1: By the "as if" rule, the program only has to behave as if things happen as I describe, but if you peeked at the assembly code, the actual way things happen can be very different.
I have a third party library that is using char* (non-const) as placeholder for string values. What is the right and safe way to assign values to those datatypes? I have the following test benchmark that uses my own timer class to measure execution times:
#include "string.h"
#include <iostream>
#include <sj/timer_chrono.hpp>
using namespace std;
int main()
{
sj::timer_chrono sw;
int iterations = 1e7;
// first method gives compiler warning:
// conversion from string literal to 'char *' is deprecated [-Wdeprecated-writable-strings]
cout << "creating c-strings unsafe(?) way..." << endl;
sw.start();
for (int i = 0; i < iterations; ++i)
{
char* str = "teststring";
}
sw.stop();
cout << sw.elapsed_ns() / (double)iterations << " ns" << endl;
cout << "creating c-strings safe(?) way..." << endl;
sw.start();
for (int i = 0; i < iterations; ++i)
{
char* str = new char[strlen("teststr")];
strcpy(str, "teststring");
}
sw.stop();
cout << sw.elapsed_ns() / (double)iterations << " ns" << endl;
return 0;
}
Output:
creating c-strings unsafe(?) way...
1.9164 ns
creating c-strings safe(?) way...
31.7406 ns
While the "safe" way get's rid of the compiler warning it makes the code about 15-20 times slower according to this benchmark (1.9 nanoseconds per iteration vs 31.7 nanoseconds per iteration). What is the correct way and what are is so dangerous about that "deprecated" way?

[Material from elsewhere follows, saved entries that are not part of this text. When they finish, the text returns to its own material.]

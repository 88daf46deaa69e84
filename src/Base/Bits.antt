-- ===== src/Base/Bits.antt =====
-- `bit_or` of a number with one whose low bits are clear is their sum.
use Prim.Native.Nat.{
  ℕ, zero, suc, ◌+◌, ◌*◌, ◌/◌, ◌%◌, ◌^◌, ◌≤◌, ◌<◌, max, bit_or, digits, bit_or-bitwise,
}
use mathlib.Core.Path.{◌≡◌, refl, ◌∙◌, ap}
use mathlib.Core.Bool.{Bool, true, ◌&&◌}
use native.Mathlib.Omega.{arith}
use native.Mathlib.Nat.{pow-suc}

-- The recursion of `bit_or`, for a count of digits that is large enough.
abbrev counted_or : ℕ → ℕ → ℕ → ℕ
counted_or left a b = digits (λ b. b) max left a b

counted_or_irrelevant : (m n a b : ℕ) → a ≤ m → a ≤ n → counted_or m a b ≡ counted_or n a b
counted_or_irrelevant zero zero a b p q = refl
counted_or_irrelevant (suc m) zero zero b p q = refl
counted_or_irrelevant (suc m) zero (suc a) b p q = absurd (omega arith)
counted_or_irrelevant zero (suc n) zero b p q = refl
counted_or_irrelevant zero (suc n) (suc a) b p q = absurd (omega arith)
counted_or_irrelevant (suc m) (suc n) zero b p q = refl
counted_or_irrelevant (suc m) (suc n) (suc a) b p q =
    ap (λ (t : ℕ). t * 2 + max (suc a % 2) (b % 2))
      (counted_or_irrelevant m n (suc a / 2) (b / 2) (omega arith) (omega arith))

zero-bit_or : (b : ℕ) → bit_or 0 b ≡ b
zero-bit_or b = bit_or-bitwise 0 b

-- An even second number leaves the lowest digit of the first.
bit_or-even : (a c : ℕ) → bit_or a (c * 2) ≡ bit_or (a / 2) c * 2 + a % 2
bit_or-even zero c = omega (arith, zero-bit_or (c * 2), zero-bit_or c)
bit_or-even (suc a) c = omega (
  arith,
  bit_or-bitwise (suc a) (c * 2),
  half,
  counted_or_irrelevant a (suc a / 2) (suc a / 2) c (omega arith) (omega arith),
  bit_or-bitwise (suc a / 2) c,
)
  where
    half : counted_or a (suc a / 2) (c * 2 / 2) ≡ counted_or a (suc a / 2) c
    half = ap (λ (t : ℕ). counted_or a (suc a / 2) t) (omega arith)

pub bit_or_high : (k a q : ℕ) → a < 2 ^ k → bit_or a (q * 2 ^ k) ≡ a + q * 2 ^ k
bit_or_high zero zero q h = zero-bit_or (q * 2 ^ 0) ∙ omega arith
bit_or_high zero (suc a) q h = absurd (omega arith)
bit_or_high (suc k) a q h =
    ap (λ (t : ℕ). bit_or a t) shift_out
    ∙ bit_or-even a (q * 2 ^ k)
    ∙ omega (arith, bit_or_high k (a / 2) q (omega (arith, pow-suc 2 k)), shift_out)
  where
    shift_out : q * 2 ^ suc k ≡ q * 2 ^ k * 2
    shift_out = omega (arith, ap (λ (t : ℕ). q * t) (pow-suc 2 k))

-- Two numbers that are shifted by `k` bits, the first with low bits of its own.
pub bit_or_shifted :
    (k a q r : ℕ) → a < 2 ^ k → bit_or (a + q * 2 ^ k) (r * 2 ^ k) ≡ a + bit_or q r * 2 ^ k
bit_or_shifted zero a q r h = (λ i. bit_or (no_shift i) (no_shift' i)) ∙ omega arith
  where
    no_shift : a + q * 2 ^ 0 ≡ q
    no_shift = omega arith

    no_shift' : r * 2 ^ 0 ≡ r
    no_shift' = omega arith
bit_or_shifted (suc k) a q r h =
    ap (λ (t : ℕ). bit_or (a + q * 2 ^ suc k) t) (shift_out r)
    ∙ bit_or-even (a + q * 2 ^ suc k) (r * 2 ^ k)
    ∙ omega (
      arith,
      bit_or_shifted k (a / 2) q r (omega (arith, pow-suc 2 k)),
      ap (λ (t : ℕ). bit_or t (r * 2 ^ k)) half,
      shift_out q,
      shift_out (bit_or q r),
    )
  where
    shift_out : (n : ℕ) → n * 2 ^ suc k ≡ n * 2 ^ k * 2
    shift_out n = omega (arith, ap (λ (t : ℕ). n * t) (pow-suc 2 k))

    half : (a + q * 2 ^ suc k) / 2 ≡ a / 2 + q * 2 ^ k
    half = omega (arith, shift_out q)

-- A test that every number below a bound passes, by evaluation.
abbrev pub passes_below : ℕ → (ℕ → Bool) → Bool
passes_below zero test = true
passes_below (suc n) test = test n && passes_below n test

pub true_below :
    (n : ℕ) (test : ℕ → Bool) → passes_below n test ≡ true → (k : ℕ) → k < n → test k ≡ true
true_below zero test e k h = absurd (omega arith)
true_below (suc n) test e k h = grind (arith, true_below n test)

The C++ standard is clear:
An ordinary string literal has type “array of n const char” (section 2.14.5.8 in C++11).
and
The effect of attempting to modify a string literal is undefined (section 2.14.5.12 in C++11).

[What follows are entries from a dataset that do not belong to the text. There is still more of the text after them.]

-- ===== src/VariableInteger.antt =====
-- The variable-size integers of src/main/cpp/patch/variable_size_integer.h: the size, the encoding and the
-- decoding of ULEB128 and SLEB128. A byte is a number below 256: `value & 0x7f` is `value % 128`, a
-- set top bit adds 128, `value >>= 7` is `value / 128`, and a `uint64_t` wraps at `2 ^ 64`.
pub mod Unsigned
pub mod Signed
pub mod Chunks
mod Examples
use ostrich.Base.{
  ℕ, zero, suc, ◌+◌, ◌-◌, ◌*◌, ◌/◌, ◌%◌, ◌^◌, Bool, true, false, not, ◌||◌, ◌&&◌, Option, none,
  some, List, [], ◌∷◌, ◌++◌,
}
use ostrich.Base.{leb, ◌==◌, drop, if◌then◌else◌, bit_or, ltb}
use ostrich.Base.Int.{ℤ, pos, negsuc, eqb_ℤ}
use mathlib.Core.Option

-- The rounds of a loop are bounded by 10, the groups of 7 bits of a `uint64_t`.
abbrev pub rounds : ℕ
rounds = 10

unfoldable pub size_loop : ℕ → ℕ → Option ℕ
size_loop zero value = none
size_loop (suc left) value =
    let rest = size_loop left (value / 128) in
    if value / 128 == 0 then some 1 else Option.map suc rest

unfoldable pub get_uleb128_size : ℕ → Option ℕ
unfolding size_loop
get_uleb128_size value = size_loop rounds value

-- The bytes that the loop appends.
unfoldable pub encode_loop : ℕ → ℕ → Option (List ℕ)
encode_loop zero value = none
encode_loop (suc left) value =
    let rest = encode_loop left (value / 128) in
    if value / 128 == 0
    then some (value % 128 ∷ [])
    else Option.map (λ bytes. (value % 128 + 128) ∷ bytes) rest

unfoldable pub encode_uleb128 : ℕ → List ℕ → Option (List ℕ)
unfolding encode_loop
encode_uleb128 value p = Option.map (λ bytes. p ++ bytes) (encode_loop rounds value)

-- The same for an `int64_t`, in two's complement: `value & 0x7f` and `value >>= 7`.
unfoldable pub low_bits : ℤ → ℕ
low_bits (pos n) = n % 128
low_bits (negsuc n) = 127 - n % 128

unfoldable pub shift_down : ℤ → ℤ
shift_down (pos n) = pos (n / 128)
shift_down (negsuc n) = negsuc (n / 128)

-- `byte & 0x40`, for a byte below 128
abbrev pub sign_bit : ℕ → Bool
sign_bit byte = leb 64 byte

-- `is_more`, of the byte and the value that is left
unfoldable pub is_more : ℕ → ℤ → Bool
is_more byte value =
    not ((eqb_ℤ value (pos 0) && not (sign_bit byte)) || (eqb_ℤ value (negsuc 0) && sign_bit byte))

unfoldable pub signed_size_loop : ℕ → ℤ → Option ℕ
unfolding low_bits shift_down is_more
signed_size_loop zero value = none
signed_size_loop (suc left) value =
    let rest = signed_size_loop left (shift_down value) in
    if is_more (low_bits value) (shift_down value) then Option.map suc rest else some 1

unfoldable pub get_sleb128_size : ℤ → Option ℕ
unfolding signed_size_loop
get_sleb128_size value = signed_size_loop rounds value

unfoldable pub signed_encode_loop : ℕ → ℤ → Option (List ℕ)
unfolding low_bits shift_down is_more
signed_encode_loop zero value = none
signed_encode_loop (suc left) value =
    let rest = signed_encode_loop left (shift_down value) in
    if is_more (low_bits value) (shift_down value)
    then Option.map (λ bytes. (low_bits value + 128) ∷ bytes) rest
    else some (low_bits value ∷ [])

unfoldable pub encode_sleb128 : ℤ → List ℕ → Option (List ℕ)
unfolding signed_encode_loop
encode_sleb128 value p = Option.map (λ bytes. p ++ bytes) (signed_encode_loop rounds value)

-- `too_big` is the exception, and `past_end` undefined behaviour, such as a read behind the bytes.
pub data Decoded (A : Type 0) : Type 0 where
  decoded : A → ℕ → Decoded A
  too_big : Decoded A
  past_end : Decoded A

-- `slice << shift` and `slice << shift >> shift`, for a shift below 64
abbrev pub shifted : ℕ → ℕ → ℕ
shifted slice shift = slice * 2 ^ shift % 2 ^ 64

abbrev pub shifted_back : ℕ → ℕ → ℕ
shifted_back slice shift = shifted slice shift / 2 ^ shift

-- `size` counts the bytes that are read.
unfoldable pub decode_loop : List ℕ → ℕ → ℕ → ℕ → Decoded ℕ
decode_loop [] value shift size = past_end
decode_loop (byte ∷ p) value shift size =
    let slice = byte % 128 in
    let value' = (value + shifted slice shift) % 2 ^ 64 in
    let rest = decode_loop p value' (shift + 7) (size + 1) in
    if leb 64 shift || not (shifted_back slice shift == slice)
    then too_big
    else (if leb 128 byte then rest else decoded value' (size + 1))

unfoldable pub decode_uleb128 : List ℕ → Decoded ℕ
unfolding decode_loop
decode_uleb128 p = decode_loop p 0 0 0

-- `decode_SLEB128` on the 64 bits of `value`: whether they stand for a negative number, ...
abbrev pub below_zero : ℕ → Bool
below_zero value = leb (2 ^ 63) value

-- ... the number, ...
unfoldable pub to_int64 : ℕ → ℤ
to_int64 value = if below_zero value then negsuc (2 ^ 64 - 1 - value) else pos value

-- ... the test for an exception, and the bits that the sign fills, `(-1ULL) << shift`.
abbrev pub is_too_big : ℕ → ℕ → ℕ → Bool
is_too_big slice value shift =
    (leb 64 shift && not (slice == (if below_zero value then 127 else 0)))
    || (shift == 63 && (not (slice == 0) && not (slice == 127)))

abbrev pub extended : ℕ → ℕ → ℕ → ℕ
extended slice value shift =
    if ltb shift 64 && sign_bit slice
    then bit_or value ((2 ^ 64 - 1) * 2 ^ shift % 2 ^ 64)
    else value

-- A shift of 64 or more bits, which the test lets through for padding, is undefined behaviour in the
-- code: such a run ends with `past_end`.
unfoldable pub signed_decode_loop : List ℕ → ℕ → ℕ → ℕ → Decoded ℤ
unfolding to_int64
signed_decode_loop [] value shift size = past_end
signed_decode_loop (byte ∷ p) value shift size =
    let slice = byte % 128 in
    let value' = bit_or value (shifted slice shift) in
    let rest = signed_decode_loop p value' (shift + 7) (size + 1) in
    if is_too_big slice value shift
    then too_big
    else (if leb 64 shift
        then past_end
        else (if leb 128 byte
            then rest
            else decoded (to_int64 (extended slice value' (shift + 7))) (size + 1)))

unfoldable pub decode_sleb128 : List ℕ → Decoded ℤ
unfolding signed_decode_loop
decode_sleb128 p = signed_decode_loop p 0 0 0

-- One number at an offset, and what is done with it and with the offset behind it.
abbrev pub passed_on : {B : Type 0} → ℕ → (ℤ → ℕ → Decoded B) → Decoded ℤ → Decoded B
passed_on offset next (decoded value size) = next value (offset + size)
passed_on offset next too_big = too_big
passed_on offset next past_end = past_end

unfoldable pub read_at : {B : Type 0} → List ℕ → ℕ → (ℤ → ℕ → Decoded B) → Decoded B
read_at bytes offset next = passed_on offset next (decode_sleb128 (drop offset bytes))
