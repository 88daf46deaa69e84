-- ===== src/Triple.antt =====
-- `Triple` and `TripleVersion` of src/main/cpp/patch/triple.h and triple.cc, as they are built (with
-- USE_VSI_T and USE_VSI), the choice of the index of src/main/cpp/patch/triple_store.h, and
-- `PatchElement` of src/main/cpp/patch/patch_element.cc. A component is the number that the dictionary
-- gives a term; in a pattern 0 stands for a variable.
pub mod Bytes
pub mod Pattern
mod Examples
use ostrich.Base.{ℕ, ◌+◌, Bool, not, ◌&&◌, ◌||◌, Option, some, List, [], ◌++◌, ◌>>=◌}
use ostrich.Base.{ltb, ◌==◌, if◌then◌else◌, drop}
use ostrich.Base.Int.{pos}
use ostrich.VariableInteger.{Decoded, decoded, too_big, past_end, encode_uleb128, decode_uleb128}
use ostrich.VariableInteger.{encode_sleb128}

pub record Triple : Type 0 where
  pub subject : ℕ
  pub predicate : ℕ
  pub object : ℕ

-- `Triple(s, p, o)`
abbrev pub triple : ℕ → ℕ → ℕ → Triple
triple s p o = record { subject = s; predicate = p; object = o }

-- `operator==`
unfoldable pub equals : Triple → Triple → Bool
equals a b = a.subject == b.subject && (a.predicate == b.predicate && a.object == b.object)

unfoldable pub pattern_match_triple : Triple → Triple → Bool
pattern_match_triple t pattern =
    (pattern.subject == 0 || pattern.subject == t.subject)
    && ((pattern.predicate == 0 || pattern.predicate == t.predicate)
        && (pattern.object == 0 || pattern.object == t.object))

unfoldable pub is_all_matching_pattern : Triple → Bool
is_all_matching_pattern pattern =
    pattern.subject == 0 && (pattern.predicate == 0 && pattern.object == 0)

-- `hdt::TripleComponentOrder`, the orders that are used.
pub data ComponentOrder : Type 0 where
  spo : ComponentOrder
  pos_order : ComponentOrder
  osp : ComponentOrder

unfoldable pub is_default_tree : Triple → Bool
is_default_tree pattern =
    let s = ltb 0 pattern.subject in
    let p = ltb 0 pattern.predicate in let o = ltb 0 pattern.object in (s && p) || (not p && not o)

unfoldable pub get_query_order : Triple → ComponentOrder
get_query_order pattern =
    let s = ltb 0 pattern.subject in
    let p = ltb 0 pattern.predicate in
    let o = ltb 0 pattern.object in
    if s && (p && o)
    then spo
    else (if s && (p && not o)
        then spo
        else (if s && (not p && o)
            then osp
            else (if s && (not p && not o)
                then spo
                else (if not s && (p && o)
                    then pos_order
                    else (if not s && (p && not o)
                        then pos_order
                        else (if not s && (not p && o) then osp else spo))))))

-- Each number goes through the buffer, which is empty again, to the end of the data.
unfoldable pub serialize : Triple → Option (List ℕ)
serialize t = do
  s ← encode_uleb128 t.subject []
  p ← encode_uleb128 t.predicate []
  o ← encode_uleb128 t.object []
  some (s ++ (p ++ o))

-- One number at an offset, and what is done with it and with the offset behind it.
abbrev pub passed_on : {B : Type 0} → ℕ → (ℕ → ℕ → Decoded B) → Decoded ℕ → Decoded B
passed_on offset next (decoded value size) = next value (offset + size)
passed_on offset next too_big = too_big
passed_on offset next past_end = past_end

unfoldable pub read_component : {B : Type 0} → List ℕ → ℕ → (ℕ → ℕ → Decoded B) → Decoded B
read_component bytes offset next = passed_on offset next (decode_uleb128 (drop offset bytes))

-- The triple, and the offset behind it.
unfoldable pub deserialize : List ℕ → Decoded Triple
unfolding read_component
deserialize bytes = read_component bytes 0 (λ s at_p.
    read_component bytes at_p
      (λ p at_o. read_component bytes at_o (λ o end. decoded (triple s p o) end)))

-- A triple pattern in a patch: the key of the counts.
pub record TripleVersion : Type 0 where
  pub patch_id : ℕ
  pub version_of : Triple

unfoldable pub serialize_version : TripleVersion → Option (List ℕ)
unfolding serialize
serialize_version v = do
  id ← encode_sleb128 (pos v.patch_id) []
  rest ← serialize v.version_of
  some (id ++ rest)

pub record PatchElement : Type 0 where
  pub element_triple : Triple
  pub is_addition : Bool
  pub is_local_change : Bool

For a string known at compile time, the safe way of obtaining a non-const char* is this
char literal[] = "teststring";
you can then safely
char* ptr = literal;
If at compile time you don't know the string but know its length you can use an array:
char str[STR_LENGTH + 1];
If you don't know the length then you will need to use dynamic allocation. Make sure you deallocate the memory when the strings are no longer needed.

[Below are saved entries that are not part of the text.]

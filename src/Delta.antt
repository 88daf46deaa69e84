-- ===== src/Delta.antt =====
-- The iterators over deltas of src/main/cpp/controller/triple_delta_iterator.cc that merge two sorted
-- sources: MergeDiffIterator, MergeDiffIteratorCase2, SnapshotDiffIterator and PlainDiffDeltaIterator.
-- A source is the list of what its `next` still gives; its current element, which the code keeps with
-- a status or a null pointer, is the head. `T` is a triple with its dictionary, and `compare` the
-- comparator that the iterator is built with.
pub mod Merge
pub mod Steps
pub mod Rules
pub mod Iterators
pub mod Versions
mod Examples
use ostrich.Base.{
  ℕ, zero, suc, Bool, true, false, not, ◌&&◌, Option, none, some, List, [], ◌∷◌, ◌+◌,
}
use ostrich.Base.{if◌then◌else◌, length}
use ostrich.Base.Int.{ℤ, pos, negsuc}
use mathlib.Core.Option

-- A triple with the flag that tells an addition from a deletion.
pub record Delta (T : Type 0) : Type 0 where
  pub item : T
  pub addition : Bool

-- `comp == 0` and `comp < 0`
abbrev pub is_zero : ℤ → Bool
is_zero (pos zero) = true
is_zero (pos (suc n)) = false
is_zero (negsuc n) = false

abbrev pub is_negative : ℤ → Bool
is_negative (pos n) = false
is_negative (negsuc n) = true

abbrev pub differ : Bool → Bool → Bool
differ a b = if a then not b else b

-- What is left of the two sources.
abbrev pub Sources : Type 0 → Type 0 → Type 0
Sources A B = List A × List B

-- The results of `next` until it returns false, for at most `fuel` calls; `none` if they do not do.
abbrev pub and_then : {S D : Type 0} → (S → Option (List D)) → Option (D × S) → Option (List D)
and_then rest none = some []
and_then rest (some (d, s)) = Option.map (λ ds. d ∷ ds) (rest s)

unfoldable pub drain : {S D : Type 0} → (S → Option (D × S)) → ℕ → S → Option (List D)
drain next zero s = none
drain next (suc fuel) s = and_then (drain next fuel) (next s)

module _ {T : Type 0} where
  abbrev pub reverted : Delta T → Delta T
  reverted a = record { item = a.item; addition = not a.addition }

  abbrev pub deletion_of : T → Delta T
  deletion_of t = record { item = t; addition = false }

  abbrev pub addition_of : T → Delta T
  addition_of t = record { item = t; addition = true }

module _ {T : Type 0} (compare : T → T → ℤ) where
  -- MergeDiffIterator: the loop that skips equal triples whose flags differ.
  unfoldable pub skip_opposite : List (Delta T) → List (Delta T) → Sources (Delta T) (Delta T)
  skip_opposite [] l2 = ([], l2)
  skip_opposite (a ∷ l1) [] = (a ∷ l1, [])
  skip_opposite (a ∷ l1) (b ∷ l2) =
      if is_zero (compare a.item b.item) && differ a.addition b.addition
      then skip_opposite l1 l2
      else (a ∷ l1, b ∷ l2)

  unfoldable pub emit_merged :
      List (Delta T) → List (Delta T) → Option (Delta T × Sources (Delta T) (Delta T))
  emit_merged [] [] = none
  emit_merged (a ∷ l1) [] = some (a, (l1, []))
  emit_merged [] (b ∷ l2) = some (b, ([], l2))
  emit_merged (a ∷ l1) (b ∷ l2) =
      let comp = compare a.item b.item in
      if is_zero comp
      then some (b, (l1, l2))
      else (if is_negative comp then some (a, (l1, b ∷ l2)) else some (b, (a ∷ l1, l2)))

  unfoldable pub merge_next :
      Sources (Delta T) (Delta T) → Option (Delta T × Sources (Delta T) (Delta T))
  unfolding skip_opposite emit_merged
  merge_next (l1, l2) = let (m1, m2) = skip_opposite l1 l2 in emit_merged m1 m2

  -- MergeDiffIteratorCase2: all equal triples are skipped, and the flags of the first source turn.
  unfoldable pub skip_equal : List (Delta T) → List (Delta T) → Sources (Delta T) (Delta T)
  skip_equal [] l2 = ([], l2)
  skip_equal (a ∷ l1) [] = (a ∷ l1, [])
  skip_equal (a ∷ l1) (b ∷ l2) =
      if is_zero (compare a.item b.item) then skip_equal l1 l2 else (a ∷ l1, b ∷ l2)

  unfoldable pub emit_reverted :
      List (Delta T) → List (Delta T) → Option (Delta T × Sources (Delta T) (Delta T))
  emit_reverted [] [] = none
  emit_reverted (a ∷ l1) [] = some (reverted a, (l1, []))
  emit_reverted [] (b ∷ l2) = some (b, ([], l2))
  emit_reverted (a ∷ l1) (b ∷ l2) =
      if is_negative (compare a.item b.item)
      then some (reverted a, (l1, b ∷ l2))
      else some (b, (a ∷ l1, l2))

  unfoldable pub case2_next :
      Sources (Delta T) (Delta T) → Option (Delta T × Sources (Delta T) (Delta T))
  unfolding skip_equal emit_reverted
  case2_next (l1, l2) = let (m1, m2) = skip_equal l1 l2 in emit_reverted m1 m2

  -- PlainDiffDeltaIterator: for equal triples `next` steps both sources and calls itself.
  unfoldable pub plain_next : List T → List T → Option (Delta T × Sources T T)
  plain_next [] [] = none
  plain_next [] (b ∷ l2) = some (addition_of b, ([], l2))
  plain_next (a ∷ l1) [] = some (deletion_of a, (l1, []))
  plain_next (a ∷ l1) (b ∷ l2) =
      let comp = compare a b in
      if is_zero comp
      then plain_next l1 l2
      else (if is_negative comp
          then some (deletion_of a, (l1, b ∷ l2))
          else some (addition_of b, (a ∷ l1, l2)))

  -- SnapshotDiffIterator: the loop over equal triples, which ends with the last `comp`.
  unfoldable pub skip_common : ℤ → List T → List T → ℤ × Sources T T
  skip_common comp [] l2 = (comp, ([], l2))
  skip_common comp (a ∷ l1) [] = (comp, (a ∷ l1, []))
  skip_common comp (a ∷ l1) (b ∷ l2) =
      if is_zero (compare a b)
      then skip_common (compare a b) l1 l2
      else (compare a b, (a ∷ l1, b ∷ l2))

  -- The tests behind that loop; `comp < 0` holds only where both sources have an element.
  unfoldable pub emit_after : ℤ → List T → List T → Option (Delta T × Sources T T)
  emit_after comp [] [] = none
  emit_after comp (a ∷ l1) [] = some (deletion_of a, (l1, []))
  emit_after comp [] (b ∷ l2) = some (addition_of b, ([], l2))
  emit_after comp (a ∷ l1) (b ∷ l2) =
      if is_negative comp
      then some (deletion_of a, (l1, b ∷ l2))
      else (if not (is_zero comp) then some (addition_of b, (a ∷ l1, l2)) else none)

  unfoldable pub snapshot_next : List T → List T → Option (Delta T × Sources T T)
  unfolding skip_common emit_after
  snapshot_next [] [] = none
  snapshot_next (a ∷ l1) [] = some (deletion_of a, (l1, []))
  snapshot_next [] (b ∷ l2) = some (addition_of b, ([], l2))
  snapshot_next (a ∷ l1) (b ∷ l2) =
      let comp = compare a b in
      if is_zero comp
      then (let (comp', (m1, m2)) = skip_common comp l1 l2 in emit_after comp' m1 m2)
      else (if is_negative comp
          then some (deletion_of a, (l1, b ∷ l2))
          else some (addition_of b, (a ∷ l1, l2)))

-- `TripleDeltaIterator::offset`: `while (offset-- > 0 && next(&td));`
unfoldable pub offset : {S D : Type 0} → (S → Option (D × S)) → ℕ → S → S
offset next zero s = s
offset next (suc n) s = elim (next s) [ none ↦ s | some (d, s') ↦ offset next n s' ]

-- `TripleDeltaIterator::get_count`, for at most `fuel` calls.
unfoldable pub get_count : {S D : Type 0} → (S → Option (D × S)) → ℕ → S → Option ℕ
get_count next zero s = none
get_count next (suc fuel) s = elim (next s) [
  | none ↦ some 0
  | some (d, s') ↦ Option.map suc (get_count next fuel s')
]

This will work only if the API doesn't take ownership of the char* you pass.
If it tries to deallocate the strings internally then it should say so in the documentation and inform you on the proper way to allocate the strings. You will need to match your allocation method with the one used internally by the API.
The
char literal[] = "test";
will create a local, 5 character array with automatinc storage (meaning the variable will be destroyed when the execution leaves the scope in which the variable is declared) and initialize each character in the array with the characters 't', 'e', 's', 't' and '\0'.
You can later edit these characters: literal[2] = 'x';
If you write this:
char* str1 = "test";
char* str2 = "test";
then, depending on the compiler, str1 and str2 may be the same value (i.e., point to the same string).
("Whether all string literals are distinct (that is, are stored in nonoverlapping objects) is implementation- defined." in Section 2.14.5.12 of the C++ standard)
It may also be true that they are stored in a read-only section of memory and therefore any attempt to modify the string will result in an exception/crash.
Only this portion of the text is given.